Harold, thanks for your honest response, I just thought there was a way I could do it with heat, I assume that's the old fashioned way, but it seems to me that for me to get anything worthwhile a chemical process will be much better. 
Hey, this is why I asked the experts!
-Chris


----------



## Anonymous (Jul 10, 2010)

Real Thanks to Harold. 

silver beads wholesale

[url=http:ilver beads[/url]
[url=httpver beads wholesale[/url]


----------



## dtectr (Jul 10, 2010)

Welcome to the forum!

"Such refining is almost never a process of melting, although melting can be a part of the refining process."

Harold is absolutely correct. In fact, even the ancient method of "refining by fire" as mentioned in the Bible, 7 other ancient wrirings, also included chemical methods of refining, though crude. Use of cuppeling, as well as addition of charcoal, oxgen, and/or "lye".

*** it-2 p. 210 Laundryman ***
Lye. The Hebrew word bo·rith′, translated “lye” (in some translations, “soap”), refers to a vegetable alkali as distinguished from ne′ther, the so-called mineral alkali. The distinction was not one of chemical composition but, rather, was based on the difference in the source of supply. At Jeremiah 2:22 both words occur in the same verse. Chemically the lye of Bible times was sodium carbonate or potassium carbonate, depending on whether the vegetation from which the ashes were obtained was grown near the sea on saline soil or grown inland. The chemicals in the ashes were separated by leaching or filtering with water. This lye is different from the modern-day chemical termed “lye,” the very caustic potassium hydroxide. The ancient laundryman’s lye was used not only for clothes cleaning (Mal 3:2) but also for the reduction of such metals as lead and silver.—Isa 1:25."

A jeweler i worked for many years ago would reuse his silver repeatedly, with no real regard for the actual purity of the final product. we did one run of high-end art jewelry, which, after casting, was filled with pits. His solution was to grind out the inclusions with a ball burr and fuse balls of Sterling into the crater, which we then finished with a steel wire wheel. As a solution it was temporary, as the metals, being different alloys oxidized differently, showing discoloration where the repair was made. This even after rhodium plating (though I'm not sure why).

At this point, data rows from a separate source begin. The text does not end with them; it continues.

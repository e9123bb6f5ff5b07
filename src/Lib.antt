-- ===== src/Lib.antt =====
-- A verification library for OpenOdin, a decentralised graph of signed nodes.
--
-- The program keeps data as nodes. A node is a record of props, packed into a binary format
-- (src/datamodel/PackSchema.ts) that is hashed and signed. Every kind of node and certificate
-- derives from BaseModel (src/datamodel/BaseModel.ts). A node may be signed by another key than
-- its owner's, when certificates allow it: each certificate names the keys it empowers, bounds what
-- they may sign, and may itself be signed under another certificate. Storage keeps nodes and hands
-- them out up to a time that src/storage/TimeFreeze.ts gives; src/util/Lock.ts orders asynchronous
-- work.
--
-- Files and the code they model:
--   Prelude       shared types: native numbers and lists, integers, bytes (`Buffer`), the outcome of
--                 a validation (`Verdict`), a value or a thrown message (`Result`), dictionaries
--                 (`Dict`) and the order of bytes (`Compare`).
--   Model         src/datamodel/BaseModel.ts: bits of config numbers (IS_BIT_SET, SET_BIT), `validate`,
--                 and HashConstraints, with HashSpecificFields of PackSchema.ts, and HashList.
--   Cert          src/datamodel/level1/basecert/BaseCert.ts, level2/basesigncert/BaseSignCert.ts and
--                 level3/signcert/SignCert.ts: `validate` with the issuing certificates. A certificate
--                 stands with the list of those that issued it, its own `signCert` first.
--   Node          src/datamodel/level1/basenode/BaseNode.ts: flags, `validate` and `matchSignCert`.
--   Friend        src/datamodel/level2/basefriendcert/BaseFriendCert.ts and level3/friendcert/FriendCert.ts:
--                 `validate` and `hashFriendConstraints`.
--   License       src/datamodel/level2/baselicensenode/BaseLicenseNode.ts and
--                 level3/licensenode/LicenseNode.ts: flags, `validate`, `embed`, sending, and the
--                 hashes by which a license and its node are matched. A stack of licenses is the
--                 outermost with the list of those embedded in turn.
--   Data          src/datamodel/level2/basedatanode/BaseDataNode.ts and level3/datanode/DataNode.ts:
--                 flags, `validate` of copies and of embedding nodes, and a copy of a data node under
--                 another parent with the original that it gives back (Copy, GetCopiedNode). A node
--                 that embeds others stands with the list of those embedded in turn.
--   Schema        src/datamodel/PackSchema.ts: types, numbers, single fields (PackValue, UnpackValue),
--                 FieldIterator, and PackSchema with UnpackSchema on schemas of objects.
--   SchemaUtil    src/util/SchemaUtil.ts: ParseSchema, which parses JSON values by a schema, with
--                 DeepCopy of src/util/common.ts. A schema is a value as what it parses is. The
--                 parsers of an object's keys are taken from the schema by structural recursion
--                 and run in the order of the sorted keys.
--   TimeFreeze    src/storage/TimeFreeze.ts, with a step relation of a clock, which may be set to any
--                 time, and writers.
--   Lock          src/util/Lock.ts, with a step relation of its callers.
--   Crdt          src/storage/crdt/AlgoSorted.ts: the sorted model of nodes with its dictionary of
--                 indexes, its operations (add, delete, deletion tracking, get), the sequences of
--                 them (Reachable), and its view as a map from identities to nodes (View).
--                 SortedRefId: src/storage/crdt/AlgoSortedRefId.ts, the ordering of nodes by the nodes
--                 that they refer to. Its loop stands on fuel; n * (n + 1) ^ r rounds are enough for n
--                 nodes whose chains of references are at most r long.
--                 RefId: src/storage/crdt/AlgoRefId.ts, the levels of the tree of references, with
--                 indexNodes and reIndex. The walk to the root stands on fuel, which a bound of the
--                 ranks of the nodes is enough of.
-- Each has a module Tests with runs at concrete inputs.
--
-- How the code is rendered. A method that returns `[boolean, string]` gives a Verdict: `accepted`,
-- `refused` with the message, or `thrown` where an assertion fails. A function that throws gives a
-- Result. Guards stand in the order of the code. Names are the code's in snake case. BLAKE2b, the
-- encoding of texts, the hash of a node's own constraints, the clock, the conversions of JavaScript
-- and the functions in a schema are parameters. Objects have the properties that they list and inherit
-- none; messages of errors stand without the key that they are about.
--
-- Bounds and fuel. Numbers are native naturals and integers; the words of the binary format are
-- written out modulo powers of 256. Chains of certificates are finite lists, so validation is a
-- structural recursion. The digits of a number `n` are taken in `n` rounds, each of which halves it.
-- The loops over packed bytes have one round more than there are bytes; each round takes three.
--
-- Not modelled: signatures and their verification, proof of work, schemas of arrays, nested
-- unpacking, carrier nodes, ToJSONObject and the functions that schemas are built from, annotations and views of the CRDT algorithms,
-- databases, network messages and worker threads.
pub mod Prelude
pub mod TimeFreeze
pub mod Lock
pub mod Model
pub mod Cert
pub mod Schema
pub mod SchemaUtil
pub mod Node
pub mod Crdt
pub mod Data
pub mod Friend
pub mod License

If you give it time, you'll find here on this site the proper way to refine & by the comments of many here, if you follow the expert advice shared here, you can ultimately accomplish your "objective" the right way. 

dtectr


----------



## qst42know (Jul 10, 2010)

orientalgem said:


> Real Thanks to Harold.
> 
> silver beads wholesale
> 
> ...





Bead peddler spam?

Not anymore, it isn't!

Harold


----------



## dtectr (Jul 10, 2010)

qst42know said:


> orientalgem said:
> 
> 
> > Real Thanks to Harold.
> ...



my thoughts 'per-ZACK-ly'.
jordan


----------